As the title says really, do you go down the traditional route and give your hunter the summer off?

Or will you keep them ticking over doing bits and bobs?

Or, do they have an altogether different summer career?

No really point behind this thread, I'm just curious to know what other people do.


----------



## Doormouse (19 April 2016)

Mine are spending it in the field. They are off to their summer grazing tomorrow, shoes came off yesterday.

They will be back in early July to give them lots of walking time.


----------



## TGM (19 April 2016)

Husband's horse will have four weeks off then will become daughter's tetrathlon horse for the summer.


----------



## frostyfingers (19 April 2016)

Mine has had four weeks in the field and is now gently hacking for a bit - I've a few outings planned for the summer, mostly fun rides but I thought I'd try an Eventers Challenge and will therefore need showjumping lessons. I haven't had him long and would like to get to know him better, away from the excitement of hunting!


----------



## Goldenstar (19 April 2016)

Fatty will be off till may and then start light work BF .
Tatts will off till august/ September he does not go autumn hunting so I leave him longer he's also an active person and does not get fat .
H is going to some low level BE and will take a six week break towards the end of the summer he's been kept in work since hunting finished .
J is off ATM I will pick him up again in July / August when I am less busy with the house renovations .


----------



## L&M (19 April 2016)

Mine will still be hacked out and do regular fun rides over the summer. Have also signed up for some low key sj lessons once the ground dries up.

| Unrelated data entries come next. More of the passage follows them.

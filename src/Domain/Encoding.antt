-- ===== src/Domain/Encoding.antt =====
-- cpp/include/faircross/domain/encoding.hpp: the canonical byte encodings. A buffer is the list of its
-- bytes.
pub mod Bytes
pub mod Injective
use fair_cross.Prelude.{ℕ, zero, suc, ◌+◌, ◌*◌, ◌/◌, ◌%◌, ◌^◌, if◌then◌else◌, List, [], ◌∷◌, ◌++◌}
use fair_cross.Domain.Words.{AccountId, InstrumentId, Money, Qty}
use fair_cross.Domain.Order.{SaltedOrderPreimage, is_buy}
use fair_cross.Domain.Oracle.{ReferencePriceSnapshot, ReferencePricePolicy}

abbrev pub order_tag : List ℕ
order_tag = b'F' ∷ b'C' ∷ b'O' ∷ b'R' ∷ []

abbrev pub account_tag : List ℕ
account_tag = b'F' ∷ b'C' ∷ b'A' ∷ b'C' ∷ []

abbrev pub batch_header_tag : List ℕ
batch_header_tag = b'F' ∷ b'C' ∷ b'B' ∷ b'H' ∷ []

abbrev pub oracle_snapshot_tag : List ℕ
oracle_snapshot_tag = b'F' ∷ b'C' ∷ b'O' ∷ b'S' ∷ []

abbrev pub encoding_version_v1 : ℕ
encoding_version_v1 = 1

pub record SaltedAccountPreimage : Type 0 where
  pub account_id : AccountId
  pub cash : Money
  pub instrument : InstrumentId
  pub inventory : Qty
  pub salt : List ℕ

-- The bytes from index `i` on, `n` of them.
unfoldable pub append_bytes : ℕ → ℕ → List ℕ → ℕ → List ℕ
append_bytes zero i buf val = buf
append_bytes (suc n) i buf val = append_bytes n (i + 1) (buf ++ val / 2 ^ (i * 8) % 256 ∷ []) val

unfoldable pub append_le32 : List ℕ → ℕ → List ℕ
unfolding append_bytes
append_le32 buf val = append_bytes 4 0 buf val

unfoldable pub append_le64 : List ℕ → ℕ → List ℕ
unfolding append_bytes
append_le64 buf val = append_bytes 8 0 buf val

unfoldable pub append_le128 : List ℕ → ℕ → List ℕ
unfolding append_bytes
append_le128 buf val = append_bytes 16 0 buf val

unfoldable pub canonical_encode_order : SaltedOrderPreimage → List ℕ
unfolding append_le64
canonical_encode_order preimage =
    let order = preimage.order in
    let ids =
      append_le64
        (append_le64 (append_le64 (order_tag ++ encoding_version_v1 ∷ []) order.id) order.account)
        order.instrument in
    let sided = ids ++ (if is_buy order.side then 0 else 1) ∷ [] in
    append_le64 (append_le64 (append_le64 sided order.price) order.qty) order.seq ++ preimage.nonce

unfoldable pub canonical_encode_account : SaltedAccountPreimage → List ℕ
unfolding append_le64 append_le128
canonical_encode_account preimage =
    let funds =
      append_le128 (append_le64 (account_tag ++ encoding_version_v1 ∷ []) preimage.account_id)
        preimage.cash in
    append_le64 (append_le64 funds preimage.instrument) preimage.inventory ++ preimage.salt

pub record OracleSnapshotPreimage : Type 0 where
  pub snapshot : ReferencePriceSnapshot
  pub policy : ReferencePricePolicy

unfoldable pub canonical_encode_oracle_snapshot : OracleSnapshotPreimage → List ℕ
unfolding append_le32 append_le64
canonical_encode_oracle_snapshot preimage =
    let snapshot = preimage.snapshot in
    let named =
      append_le64 (append_le32 (oracle_snapshot_tag ++ encoding_version_v1 ∷ []) snapshot.oracle_id)
        snapshot.instrument_id in
    let priced =
      append_le64
        (append_le64 (append_le64 named snapshot.reference_price) snapshot.timestamp_nanos)
        snapshot.sequence in
    append_le64 (append_le64 priced preimage.policy.max_staleness_nanos)
      preimage.policy.max_deviation_ticks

He is hunted twice a week over the season, but with a small farmers pack, so doesn't spend the winter galloping over hedges and 5 bar gates.........also at just turned 7yrs he needs the mental stimulation, or becomes a 'lout'!


----------



## lauraandjack (19 April 2016)

Mine isn't just a hunter, he's my allrounder so most years we get up to a variety of things.  Plus, due to work commitments I only hunt once a week so he doesn't get hammered.

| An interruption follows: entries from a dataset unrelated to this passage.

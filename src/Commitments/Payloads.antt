-- ===== src/Commitments/Payloads.antt =====
-- cpp/include/faircross/commitments/{order,batch,oracle}_commitment.hpp: what is committed of an order, a
-- batch header and a reference price.
pub mod Binding
pub mod Header
use fair_cross.Prelude.{ℕ, Bool, List, [], ◌∷◌, ◌++◌, Option, none, some}
use fair_cross.Domain.Words.{BatchId, InstrumentId}
use fair_cross.Domain.Order.{Order, SaltedOrderPreimage}
use fair_cross.Domain.Oracle.{ReferencePriceSnapshot, ReferencePricePolicy}
use fair_cross.Domain.Encoding.{
  OracleSnapshotPreimage, append_le32, append_le64, batch_header_tag, encoding_version_v1,
  canonical_encode_order, canonical_encode_oracle_snapshot,
}
use fair_cross.Commitments.Sha256.{Commitment, commit_raw_bytes}
use fair_cross.Commitments.Merkle.{same_bytes}

unfoldable pub commit_order : SaltedOrderPreimage → Commitment
commit_order preimage = commit_raw_bytes (canonical_encode_order preimage)

unfoldable pub commit_order_fields : Order → List ℕ → Commitment
unfolding commit_order
commit_order_fields order nonce = commit_order (record { order = order; nonce = nonce })

unfoldable pub verify_order_commitment : Commitment → SaltedOrderPreimage → Bool
unfolding commit_order
verify_order_commitment claimed preimage = same_bytes (commit_order preimage) claimed

pub record BatchHeader : Type 0 where
  pub semantic_version : ℕ
  pub batch_id : BatchId
  pub instrument_id : InstrumentId
  pub cutoff_timestamp : ℕ
  pub order_count : ℕ
  pub orders_merkle_root : Commitment

-- The loops over four bytes are those of `append_le32`.
unfoldable pub canonical_encode : BatchHeader → List ℕ
unfolding append_le32 append_le64
canonical_encode header =
    let versioned =
      append_le32 (batch_header_tag ++ encoding_version_v1 ∷ []) header.semantic_version in
    let named = append_le64 (append_le64 versioned header.batch_id) header.instrument_id in
    append_le32 (append_le64 named header.cutoff_timestamp) header.order_count
    ++ header.orders_merkle_root

unfoldable pub compute_batch_commitment : BatchHeader → Commitment
unfolding canonical_encode
compute_batch_commitment header = commit_raw_bytes (canonical_encode header)

-- "FCOS_ABSENT_V1".
abbrev pub absent_oracle_marker : List ℕ
absent_oracle_marker =
    b'F' ∷ b'C' ∷ b'O' ∷ b'S' ∷ b'_' ∷ b'A' ∷ b'B' ∷ b'S' ∷ b'E' ∷ b'N' ∷ b'T' ∷ b'_' ∷ b'V' ∷ b'1'
    ∷ []

unfoldable pub compute_oracle_snapshot_commitment :
    Option ReferencePriceSnapshot → Option ReferencePricePolicy → Commitment
compute_oracle_snapshot_commitment (some snapshot) (some policy) =
    commit_raw_bytes
      (canonical_encode_oracle_snapshot (record { snapshot = snapshot; policy = policy }))
compute_oracle_snapshot_commitment (some snapshot) none = commit_raw_bytes absent_oracle_marker
compute_oracle_snapshot_commitment none policy = commit_raw_bytes absent_oracle_marker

He's having a little break at the moment as work is very busy, but we are planning on doing some side saddle showing this year.


----------



## Aleka81 (19 April 2016)

Doormouse said:



			Mine are spending it in the field. They are off to their summer grazing tomorrow, shoes came off yesterday.

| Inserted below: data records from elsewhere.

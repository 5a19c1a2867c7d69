-- ===== src/Engine/Accounting.antt =====
-- cpp/include/faircross/engine/accounting.hpp and cpp/src/engine/accounting.cpp: the account of what
-- became of every committed order.
pub mod Sound
use native.Mathlib.Decide.{ℕ_discrete}
use fair_cross.Prelude.{
  ℕ, zero, suc, ◌+◌, ◌-◌, Bool, true, false, not, ◌&&◌, ◌||◌, ltb, ◌==◌, if◌then◌else◌, List, [],
  ◌∷◌, map, Option, none, some, length,
}
use fair_cross.Prelude.OrdMap.{OrdMap, lookup, insert}
use fair_cross.Domain.Error.{Result, Ok, ok_value, ok, err, ◌>>=◌, ◌>>◌, guard, failed_with, Error}
use fair_cross.Domain.Words.{OrderId, Qty}
use fair_cross.Domain.Order.{Order, SaltedOrderPreimage}
use fair_cross.Engine.Batch.{Batch}
use fair_cross.Engine.Allocation.{OrderAllocation, BatchAllocation}
use fair_cross.Engine.Checker.{order_map, is_same}
use fair_cross.Commitments.Sha256.{Commitment}
use fair_cross.Commitments.Merkle.{MerkleProof, MerkleTree, new_tree, root, generate_proof, verify}
use fair_cross.Commitments.Payloads.{commit_order}

pub data DispositionKind : Type 0 where
  fully_executed_kind partially_executed_kind unfilled_kind cancelled_kind expired_kind :
      DispositionKind

pub record OrderDisposition : Type 0 where
  pub kind : DispositionKind
  pub fill_qty : Qty
  pub unfilled_qty : Qty

unfoldable pub DispositionKind-discrete : Discrete DispositionKind
DispositionKind-discrete = hlevel ℕ_discrete

unfoldable pub OrderDisposition-discrete : Discrete OrderDisposition
OrderDisposition-discrete = hlevel (ℕ_discrete, DispositionKind-discrete)

abbrev pub fully_executed : Qty → OrderDisposition
fully_executed fill_qty = record {
  kind = fully_executed_kind;
  fill_qty = fill_qty;
  unfilled_qty = 0;
}

abbrev pub partially_executed : Qty → Qty → OrderDisposition
partially_executed fill_qty rem = record {
  kind = partially_executed_kind;
  fill_qty = fill_qty;
  unfilled_qty = rem;
}

abbrev pub unfilled : OrderDisposition
unfilled = record { kind = unfilled_kind; fill_qty = 0; unfilled_qty = 0 }

pub record OrderAccountingRecord : Type 0 where
  pub leaf_index : ℕ
  pub order_id : OrderId
  pub commitment : Commitment
  pub disposition : OrderDisposition

pub record CompleteInputAccounting : Type 0 where
  pub records : List OrderAccountingRecord
  pub total_committed : ℕ
  pub total_fully_executed : ℕ
  pub total_partially_executed : ℕ
  pub total_unfilled : ℕ
  pub total_cancelled : ℕ
  pub total_expired : ℕ

-- `alloc_map`, and what it gives an order.
unfoldable pub alloc_map : List OrderAllocation → OrdMap Qty → OrdMap Qty
alloc_map [] m = m
alloc_map (a ∷ allocations) m = alloc_map allocations (insert a.order_id a.allocated_qty m)

abbrev pub found_qty : Option Qty → Qty
found_qty none = 0
found_qty (some q) = q

abbrev pub allocated_to : OrderId → BatchAllocation → Qty
allocated_to id allocation = found_qty (lookup id (alloc_map allocation.allocations []))

-- What becomes of an order of which a quantity is allocated, in the code that builds the account and,
-- once more, in the code that checks it.
unfoldable pub disposition_of : Qty → Qty → OrderDisposition
disposition_of qty allocated =
    if allocated == qty
    then fully_executed allocated
    else if not (allocated == 0) && ltb allocated qty
    then partially_executed allocated (qty - allocated)
    else unfilled

unfoldable pub records_from :
    ℕ → List SaltedOrderPreimage → BatchAllocation → List OrderAccountingRecord
unfolding alloc_map disposition_of
records_from idx [] allocation = []
records_from idx (p ∷ preimages) allocation =
    record {
      leaf_index = idx;
      order_id = p.order.id;
      commitment = commit_order p;
      disposition = disposition_of p.order.qty (allocated_to p.order.id allocation);
    }
    ∷ records_from (suc idx) preimages allocation

-- The counters of the loop, each increased where a disposition of its kind is set.
unfoldable pub count_kind : DispositionKind → List OrderAccountingRecord → ℕ
count_kind kind [] = 0
count_kind kind (r ∷ records) =
    if is_same DispositionKind-discrete r.disposition.kind kind
    then suc (count_kind kind records)
    else count_kind kind records

unfoldable pub build_complete_input_accounting :
    Batch → List SaltedOrderPreimage → BatchAllocation → MerkleTree × CompleteInputAccounting
unfolding records_from count_kind
build_complete_input_accounting batch preimages allocation =
    let records = records_from 0 preimages allocation in
    (
      new_tree (map commit_order preimages),
      record {
        records = records;
        total_committed = length preimages;
        total_fully_executed = count_kind fully_executed_kind records;
        total_partially_executed = count_kind partially_executed_kind records;
        total_unfilled = count_kind unfilled_kind records;
        total_cancelled = 0;
        total_expired = 0;
      },
    )

-- `std::set::insert`, which fails on an element that is there.
abbrev pub Seen : Type 0
Seen = OrdMap (Unit {0})

abbrev pub is_free : Option (Unit {0}) → Bool
is_free none = true
is_free (some u) = false

unfoldable pub insert_new : ℕ → Seen → Error → Result Seen
insert_new k seen e = guard (is_free (lookup k seen)) e >> ok (insert k tt seen)

abbrev pub found_proof : Option MerkleProof → Result MerkleProof
found_proof none = err (failed_with "OmittedLeaf")
found_proof (some proof) = ok proof

abbrev pub found_order : Option Order → Result Order
found_order none = err (failed_with "DispositionMismatch: order not in batch")
found_order (some order) = ok order

-- `==` of dispositions.
abbrev pub same_disposition : OrderDisposition → OrderDisposition → Bool
same_disposition d e = is_same OrderDisposition-discrete d e

-- One round of the loop over the records.
unfoldable pub check_record :
    MerkleTree
    → OrdMap Order
    → BatchAllocation
    → OrderAccountingRecord
    → Seen × Seen
    → Result (Seen × Seen)
unfolding insert_new
check_record merkle_tree orders allocation r (seen_indices, seen_order_ids) = do
  seen_indices ← insert_new r.leaf_index seen_indices (failed_with "DuplicateLeaf")
  seen_order_ids ← insert_new r.order_id seen_order_ids (failed_with "DuplicateOrderId")
  proof ← found_proof (generate_proof merkle_tree r.leaf_index)
  guard (verify proof (root merkle_tree) r.commitment) (failed_with "MerkleInclusionFailed")
  order ← found_order (lookup r.order_id orders)
  guard
      (same_disposition r.disposition
        (disposition_of order.qty (allocated_to r.order_id allocation)))
      (failed_with "DispositionMismatch")
  ok (seen_indices, seen_order_ids)

unfoldable pub check_records :
    MerkleTree
    → OrdMap Order
    → BatchAllocation
    → List OrderAccountingRecord
    → Seen × Seen
    → Result (Seen × Seen)
unfolding check_record
check_records merkle_tree orders allocation [] seen = ok seen
check_records merkle_tree orders allocation (r ∷ records) seen = do
  seen ← check_record merkle_tree orders allocation r seen
  check_records merkle_tree orders allocation records seen

-- The last loop: the indices from `idx` on, `n` of them, were seen.
unfoldable pub check_seen : ℕ → ℕ → Seen → Result Ok
check_seen zero idx seen = ok ok_value
check_seen (suc n) idx seen =
    guard (not (is_free (lookup idx seen))) (failed_with "OmittedLeaf")
    >> check_seen n (suc idx) seen

unfoldable pub verify_complete_input_accounting :
    Batch → MerkleTree → CompleteInputAccounting → BatchAllocation → Result Ok
unfolding check_records check_seen
verify_complete_input_accounting batch merkle_tree accounting allocation = do
  let n = length batch.orders
  guard (length merkle_tree.leaves == n) (failed_with "MerkleLeafCountMismatch")
  guard (length accounting.records == n && accounting.total_committed == n)
      (failed_with "TotalCountMismatch")
  (seen_indices, seen_order_ids) ←
      check_records merkle_tree (order_map batch.orders []) allocation accounting.records ([], [])
  check_seen n 0 seen_indices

They will be back in early July to give them lots of walking time.
		
Click to expand...

A very dumb question! I posted last year looking for a hunter but never found one...
Anyway my question is when you turn away for a few months how much maintenance while being roughed off does the average hunter require?
I am thinking that if/when I find something I would like to turn it away cheaply in the summer and then keep it on hunting livery in the winter..so just trying to gauge realistic summer costs. Thank you


----------



## Doormouse (19 April 2016)

Aleka81 said:



			A very dumb question! I posted last year looking for a hunter but never found one...
Anyway my question is when you turn away for a few months how much maintenance while being roughed off does the average hunter require?
I am thinking that if/when I find something I would like to turn it away cheaply in the summer and then keep it on hunting livery in the winter..so just trying to gauge realistic summer costs. Thank you
		
Click to expand...

If you have your own land it basically costs virtually nothing in the summer, feet may need a trim depending on each horse, fly spray if they are bothered by them and obviously a vets bill if they do something silly! Otherwise, provided you have enough grass for them they should be more or less self sufficient. If you don't have your own land it can be more complicated as finding summer keep for hunters ie a herd of turned away horses can be hard. Best advice on that would be to get to know your local hunt and find someone who turns their hunters away for the summer and has space for one extra. They would probably charge a small fee for the grass keep.


----------



## utter-nutter (19 April 2016)

mine will go team chasing and then if he can be persuaded to go xc solo then some eventing, he has a quite a few weeks of nothing but a bit of hacking but I think he prefers to be busy as definitely gets up to mischief when not doing much. He does live out 24/7, which helps with his 'quirks' and like to think it keeps it more sane than if he wasn't


----------



## Kat (20 April 2016)

Mine isn'the really a hunter, more and all rounder who happens to hunt over winter. We will be doing some RC dressage over summer, probably some pleasure rides, and depending upon bravery levels some show jumping and hunter trials.


----------



## FemelleReynard (20 April 2016)

So it seems that a lot of hunters have quite diverse careers over the summer then, and it's interesting to see that not many are just turned out. It seems we're moving away from having sole hunters and horses tend to be more all rounders, which I think is nice.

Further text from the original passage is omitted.